Here’s the mechanical translation to C++17 I mentioned in my previous comment.

```
#include <algorithm>
#include <cmath>
#include <map>
#include <set>
#include <tuple>
#include <vector>
long long masterLocksmith(long long k, std::vector<long long> initialState) {
std::map<long long, long long> occurence;
for (auto&& i : initialState)
occurence[i] += 1;
std::set<long long> num_set(initialState.begin(), initialState.end());
num_set.insert(0);
auto best = std::tuple(INFINITY, 0);
for (auto&& j : num_set) {
long long score = 0;
for (auto&& [i, population] : occurence)
score += std::min(std::abs(i-j), k - std::abs(i-j)) * population;
if (std::tuple(score, j) < best)
best = std::tuple(score, j);
}
return std::get<1>(best);
}
```

On my machine it takes 0.018s to run the 10 provided test cases; the Python version takes 0.073s. Neither takes anywhere close to 4 seconds. 🙂

OTOH, when I randomly generate a `k=10000, n=10000`

test case and try running *that*, I see C++ taking 6.8s (and with `-O3`

it takes 1.8s) whereas Python takes 76.1s. That’s quite the penalty for using an interpreted language!

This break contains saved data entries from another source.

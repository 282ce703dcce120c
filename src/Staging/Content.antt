-- ===== src/Staging/Content.antt =====
-- What `stage` of src/staging.rs shows: the surface's current commit, unless every slot is in use.
use mathlib.Core.Path.{subst}
use ihs_wl_server.Prelude.{
  Bool, if◌then◌else◌, ℕ, ◌+◌, ◌<◌, ◌≤◌, true, false, List, [], ◌∷◌, ◌++◌, Option, none, some, ltb,
  length, get_elem?, arith, ◌≡◌, refl, ap, sym, ◌∙◌, get_elem?-set, get_elem?-lt, get_elem?-snoc,
  Option-cases, Bool-cases, inl, inr, ◌⊎◌,
}
use ihs_wl_server.Staging.{
  Slot, Ring, Request, Staged, Outcome, nothing, refit, free_slot, shown, show_again, write_slot,
  slot_of, fresh, grow, add_slot, show_newest, refill, is_current, fill, stage, max_slots,
  option_eq,
}
use ihs_wl_server.Staging.Busy.{free_slot-free, slot_of-get}

-- Every slot is in use, and there can be no more.
abbrev pub IsFull : Ring → Type 0
IsFull r = (free_slot r.slots ≡ none) × (max_slots ≤ length r.slots)

-- The ring was full: what is shown is its newest slot as it was, unwritten, but for the clone.
abbrev pub IsNewest : Ring → Staged → Slot → Type 0
IsNewest before st s =
    (st.written ≡ false)
    × IsFull before
    × (before.newest ≡ some st.index)
    × ((old : Slot) × (get_elem? before.slots st.index ≡ some old) × (s ≡ shown old))

-- Nothing can be shown: no slot could be allocated, or filled, or a full ring has no newest.
abbrev pub Fails : Request → Ring → Type 0
Fails q before =
    (q.allocates ≡ false)
    ⊎ ((q.copies ≡ false) ⊎ (IsFull before × (slot_of before before.newest ≡ none)))

-- A shown slot stands in the ring under the uid it goes by, is in use from now on, and holds the
-- current commit, unless the ring was full and its newest is shown again.
abbrev pub ShowsIn : Request → Ring → Ring → Option Staged → Type 0
ShowsIn q before after none = Fails q before
ShowsIn q before after (some st) =
    (s : Slot) × (get_elem? after.slots st.index ≡ some s)
    × (s.uid ≡ st.uid)
    × (0 < s.clones)
    × ((s.commit ≡ some q.commit) ⊎ IsNewest before st s)

abbrev pub Shows : Request → Ring → Outcome → Type 0
Shows q before o = ShowsIn q before o.ring o.staged

option_eq_lem : (o : Option ℕ) (n : ℕ) → option_eq o n ≡ true → o ≡ some n
option_eq_lem none n e = cc
option_eq_lem (some m) n e = ground arith

-- `free_slot` names a slot that is there.
slot_of-none : (r : Ring) → slot_of r (free_slot r.slots) ≡ none → free_slot r.slots ≡ none
slot_of-none r e = elim (Option-cases (free_slot r.slots)) [
  | inl f ↦ f
  | inr (i, f) ↦ let (s, g, z) = free_slot-free r.slots i f in absurd (ground (arith, e, f, g))
]

slot_of-newest :
    (r : Ring) (o : Option ℕ) (i : ℕ) (s : Slot) → slot_of r o ≡ some (i, s) → o ≡ some i
slot_of-newest r none i s e = cc
slot_of-newest r (some j) i s e = elim (Option-cases (get_elem? r.slots j)) [
  | inl n ↦ absurd (ground (arith, e, n))
  | inr (t, n) ↦ ground (arith, e, n)
]

newest_of : (r : Ring) (i : ℕ) (s : Slot) → slot_of r r.newest ≡ some (i, s) → r.newest ≡ some i
newest_of r i s e = slot_of-newest r r.newest i s e

module _ (q : Request) (next : ℕ) (retired : List ℕ) (before : Ring) where
  show_again-Shows :
      (r : Ring) (i : ℕ) (s : Slot)
      → get_elem? r.slots i ≡ some s
      → ((s.commit ≡ some q.commit)
          ⊎ (IsFull before × (before.newest ≡ some i) × (get_elem? before.slots i ≡ some s)))
      → Shows q before (show_again next r retired i s)
  unfolding show_again
  show_again-Shows r i s e why = (
    shown s,
    ground (arith, get_elem?-set r.slots i i (shown s) (get_elem?-lt r.slots i s e)),
    refl,
    omega arith,
    elim why [
      | inl e' ↦ inl e'
      | inr (full, newest, there) ↦ inr (refl, full, newest, (s, there, refl))
    ],
  )

  write_slot-Shows :
      (r : Ring) (i : ℕ) (s : Slot)
      → get_elem? r.slots i ≡ some s
      → Shows q before (write_slot q next r retired i s)
  unfolding write_slot
  write_slot-Shows r i s e = elim (Bool-cases q.copies) [
    | inl c ↦
        let t : Slot = shown (record s { commit = some q.commit }) in
        rw c (
          t,
          ground (arith, get_elem?-set r.slots i i t (get_elem?-lt r.slots i s e)),
          refl,
          omega arith,
          inl refl,
        )
    | inr c ↦ rw c (inr (inl refl))
  ]

  show_newest-Shows :
      (r : Ring)
      → ((is_current q (slot_of r r.newest) ≡ true) ⊎ (IsFull before × (r ≡ before)))
      → Shows q before (show_newest next r retired)
  unfolding show_newest
  show_newest-Shows r why = elim (Option-cases (slot_of r r.newest)) [
    | inl e ↦
        rw (e, show_newest)
          (inr (
            inr (elim why [
              | inl current ↦ absurd (ground (arith, current, e))
              | inr (full, same) ↦ (full, ap (λ (x : Ring). slot_of x x.newest) (sym same) ∙ e)
            ])))
    | inr ((i, s), e) ↦
        let there = slot_of-get r r.newest i s e in
        rw (e, show_newest)
          (show_again-Shows r i s there (elim why [
            | inl current ↦ inl (ground (arith, current, e, option_eq_lem s.commit q.commit))
            | inr (full, same) ↦ inr (
              full,
              ap (λ (x : Ring). x.newest) (sym same) ∙ newest_of r i s e,
              ap (λ (x : Ring). get_elem? x.slots i) (sym same) ∙ there,
            )
          ]))
  ]

module _ (q : Request) (next : ℕ) (r : Ring) (retired : List ℕ) where
  grow-Shows : free_slot r.slots ≡ none → Shows q r (grow q next r retired)
  unfolding grow add_slot
  grow-Shows full = elim (Bool-cases (ltb (length r.slots) max_slots)) [
    | inl c ↦
        let s = fresh (next + 1) in
        let grown : Ring = record r { slots = r.slots ++ s ∷ [] } in
        let added = write_slot q (next + 1) grown retired (length r.slots) s in
        let none_added = nothing (next + 1) r retired in
        let allocated = λ (b : Bool). if b then added else none_added in
        rw c (elim (Bool-cases q.allocates) [
          | inl a ↦ subst (Shows q r) (sym (ap allocated a)) (
              write_slot-Shows q (next + 1) retired r grown (length r.slots) s
                (get_elem?-snoc r.slots s))
          | inr a ↦ subst (Shows q r) (sym (ap allocated a)) (inl a)
        ])
    | inr c ↦ rw c (show_newest-Shows q next retired r r (inr ((full, ground (arith, c)), refl)))
  ]

  fill-Shows : Shows q r (fill q next r retired)
  unfolding fill refill
  fill-Shows = elim (Bool-cases (is_current q (slot_of r r.newest))) [
    | inl c ↦ rw c (show_newest-Shows q next retired r r (inl c))
    | inr c ↦ rw c (elim (Option-cases (slot_of r (free_slot r.slots))) [
      | inl e ↦ rw (e, refill) (grow-Shows (slot_of-none r e))
      | inr ((i, s), e) ↦
          rw (e, refill)
            (write_slot-Shows q next retired r r i s (slot_of-get r (free_slot r.slots) i s e))
    ])
  ]

pub stage-Shows : (q : Request) (next : ℕ) (r : Ring) → Shows q (refit q r).0 (stage q next r)
unfolding stage
stage-Shows q next r = fill-Shows q next (refit q r).0 (refit q r).1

You can cut the running time of the naïve C++ code in half again by noticing that *iterating a map* inside your inner loop involves following a lot of pointers, and that’s no good for your L1 cache. Replace the map with a cache-friendly `vector`

, leaving the rest of the code the same:

```
std::map<long long, long long> temp;
for (auto&& i : initialState)
temp[i] += 1;
std::vector<std::pair<long long, long long>> occurence(temp.begin(), temp.end());
```

and the running time on my huge random test case drops to 3.5s (0.48s with `-O3`

). I suspect that you could hack a similar cache-friendliness fix in Python, but I have no idea what it would look like; and anyway, if it halved your running time, you’d still be at 38s — a lot more hacks would be needed to get down to the compiled-language level.